Stored data:
__________

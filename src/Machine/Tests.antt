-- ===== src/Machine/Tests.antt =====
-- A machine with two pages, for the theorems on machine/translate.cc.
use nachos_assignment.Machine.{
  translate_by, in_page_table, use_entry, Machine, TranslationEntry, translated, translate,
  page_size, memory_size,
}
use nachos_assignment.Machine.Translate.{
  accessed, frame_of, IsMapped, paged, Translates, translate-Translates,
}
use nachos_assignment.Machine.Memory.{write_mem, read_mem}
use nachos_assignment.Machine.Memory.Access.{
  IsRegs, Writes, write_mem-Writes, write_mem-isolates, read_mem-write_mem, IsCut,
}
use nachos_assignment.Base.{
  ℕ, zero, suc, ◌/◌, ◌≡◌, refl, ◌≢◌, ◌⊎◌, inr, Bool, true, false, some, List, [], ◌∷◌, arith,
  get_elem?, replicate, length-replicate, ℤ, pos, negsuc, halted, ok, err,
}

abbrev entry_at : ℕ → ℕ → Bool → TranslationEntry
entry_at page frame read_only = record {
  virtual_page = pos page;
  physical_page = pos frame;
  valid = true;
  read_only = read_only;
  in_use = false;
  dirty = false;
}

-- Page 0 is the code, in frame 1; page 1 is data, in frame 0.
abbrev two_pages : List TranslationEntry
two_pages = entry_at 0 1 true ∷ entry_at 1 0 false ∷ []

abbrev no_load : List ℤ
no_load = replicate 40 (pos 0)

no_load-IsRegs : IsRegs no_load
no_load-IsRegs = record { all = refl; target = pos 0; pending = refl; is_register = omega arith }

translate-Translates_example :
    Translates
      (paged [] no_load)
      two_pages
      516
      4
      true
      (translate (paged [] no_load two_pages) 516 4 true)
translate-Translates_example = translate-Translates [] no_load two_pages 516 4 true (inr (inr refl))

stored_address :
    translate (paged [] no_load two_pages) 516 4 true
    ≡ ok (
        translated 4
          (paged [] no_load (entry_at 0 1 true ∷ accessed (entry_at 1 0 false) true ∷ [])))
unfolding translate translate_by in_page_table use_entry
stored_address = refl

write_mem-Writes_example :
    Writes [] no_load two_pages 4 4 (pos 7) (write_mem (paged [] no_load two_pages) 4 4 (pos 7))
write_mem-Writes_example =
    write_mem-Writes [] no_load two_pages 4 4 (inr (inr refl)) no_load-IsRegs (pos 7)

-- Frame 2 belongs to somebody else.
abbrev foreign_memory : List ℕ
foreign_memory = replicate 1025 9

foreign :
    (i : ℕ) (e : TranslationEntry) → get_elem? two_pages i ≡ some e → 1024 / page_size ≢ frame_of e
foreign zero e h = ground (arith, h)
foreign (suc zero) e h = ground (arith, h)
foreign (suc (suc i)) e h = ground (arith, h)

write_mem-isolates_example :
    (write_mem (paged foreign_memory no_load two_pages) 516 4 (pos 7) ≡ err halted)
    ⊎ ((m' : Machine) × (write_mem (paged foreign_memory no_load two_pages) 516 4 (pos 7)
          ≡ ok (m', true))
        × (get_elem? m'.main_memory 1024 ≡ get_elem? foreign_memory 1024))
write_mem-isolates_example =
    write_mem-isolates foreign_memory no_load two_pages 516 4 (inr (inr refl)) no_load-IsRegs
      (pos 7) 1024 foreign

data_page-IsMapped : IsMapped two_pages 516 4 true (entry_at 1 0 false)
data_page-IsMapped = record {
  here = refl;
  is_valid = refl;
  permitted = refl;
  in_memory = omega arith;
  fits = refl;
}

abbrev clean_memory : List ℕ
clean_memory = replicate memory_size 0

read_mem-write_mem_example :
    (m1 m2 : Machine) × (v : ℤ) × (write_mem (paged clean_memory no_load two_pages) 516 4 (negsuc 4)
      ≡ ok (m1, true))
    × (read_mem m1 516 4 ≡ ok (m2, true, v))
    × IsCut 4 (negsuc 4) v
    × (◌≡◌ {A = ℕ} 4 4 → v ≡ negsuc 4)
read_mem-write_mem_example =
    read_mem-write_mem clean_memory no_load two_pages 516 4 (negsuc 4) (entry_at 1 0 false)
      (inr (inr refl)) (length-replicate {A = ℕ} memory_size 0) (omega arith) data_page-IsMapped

__________

- **HOW TO COMPLETE THIS TASK**:
Print every entry exactly as written.

- **RESULT BELOW**:
filename src/Machine/Tests.antt
-- ===== src/Machine/Tests.antt =====
-- A machine with two pages, for the theorems on machine/translate.cc.
use nachos_assignment.Machine.{
  translate_by, in_page_table, use_entry, Machine, TranslationEntry, translated, translate,
  page_size, memory_size,
}
use nachos_assignment.Machine.Translate.{
  accessed, frame_of, IsMapped, paged, Translates, translate-Translates,
}
use nachos_assignment.Machine.Memory.{write_mem, read_mem}
use nachos_assignment.Machine.Memory.Access.{
  IsRegs, Writes, write_mem-Writes, write_mem-isolates, read_mem-write_mem, IsCut,
}
use nachos_assignment.Base.{
  ℕ, zero, suc, ◌/◌, ◌≡◌, refl, ◌≢◌, ◌⊎◌, inr, Bool, true, false, some, List, [], ◌∷◌, arith,
  get_elem?, replicate, length-replicate, ℤ, pos, negsuc, halted, ok, err,
}

abbrev entry_at : ℕ → ℕ → Bool → TranslationEntry
entry_at page frame read_only = record {
  virtual_page = pos page;
  physical_page = pos frame;
  valid = true;
  read_only = read_only;
  in_use = false;
  dirty = false;
}

-- Page 0 is the code, in frame 1; page 1 is data, in frame 0.
abbrev two_pages : List TranslationEntry
two_pages = entry_at 0 1 true ∷ entry_at 1 0 false ∷ []

abbrev no_load : List ℤ
no_load = replicate 40 (pos 0)

no_load-IsRegs : IsRegs no_load
no_load-IsRegs = record { all = refl; target = pos 0; pending = refl; is_register = omega arith }

translate-Translates_example :
    Translates
      (paged [] no_load)
      two_pages
      516
      4
      true
      (translate (paged [] no_load two_pages) 516 4 true)
translate-Translates_example = translate-Translates [] no_load two_pages 516 4 true (inr (inr refl))

stored_address :
    translate (paged [] no_load two_pages) 516 4 true
    ≡ ok (
        translated 4
          (paged [] no_load (entry_at 0 1 true ∷ accessed (entry_at 1 0 false) true ∷ [])))
unfolding translate translate_by in_page_table use_entry
stored_address = refl

write_mem-Writes_example :
    Writes [] no_load two_pages 4 4 (pos 7) (write_mem (paged [] no_load two_pages) 4 4 (pos 7))
write_mem-Writes_example =
    write_mem-Writes [] no_load two_pages 4 4 (inr (inr refl)) no_load-IsRegs (pos 7)

-- Frame 2 belongs to somebody else.
abbrev foreign_memory : List ℕ
foreign_memory = replicate 1025 9

foreign :
    (i : ℕ) (e : TranslationEntry) → get_elem? two_pages i ≡ some e → 1024 / page_size ≢ frame_of e
foreign zero e h = ground (arith, h)
foreign (suc zero) e h = ground (arith, h)
foreign (suc (suc i)) e h = ground (arith, h)

write_mem-isolates_example :
    (write_mem (paged foreign_memory no_load two_pages) 516 4 (pos 7) ≡ err halted)
    ⊎ ((m' : Machine) × (write_mem (paged foreign_memory no_load two_pages) 516 4 (pos 7)
          ≡ ok (m', true))
        × (get_elem? m'.main_memory 1024 ≡ get_elem? foreign_memory 1024))
write_mem-isolates_example =
    write_mem-isolates foreign_memory no_load two_pages 516 4 (inr (inr refl)) no_load-IsRegs
      (pos 7) 1024 foreign

data_page-IsMapped : IsMapped two_pages 516 4 true (entry_at 1 0 false)
data_page-IsMapped = record {
  here = refl;
  is_valid = refl;
  permitted = refl;
  in_memory = omega arith;
  fits = refl;
}

abbrev clean_memory : List ℕ
clean_memory = replicate memory_size 0

read_mem-write_mem_example :
    (m1 m2 : Machine) × (v : ℤ) × (write_mem (paged clean_memory no_load two_pages) 516 4 (negsuc 4)
      ≡ ok (m1, true))
    × (read_mem m1 516 4 ≡ ok (m2, true, v))
    × IsCut 4 (negsuc 4) v
    × (◌≡◌ {A = ℕ} 4 4 → v ≡ negsuc 4)
read_mem-write_mem_example =
    read_mem-write_mem clean_memory no_load two_pages 516 4 (negsuc 4) (entry_at 1 0 false)
      (inr (inr refl)) (length-replicate {A = ℕ} memory_size 0) (omega arith) data_page-IsMapped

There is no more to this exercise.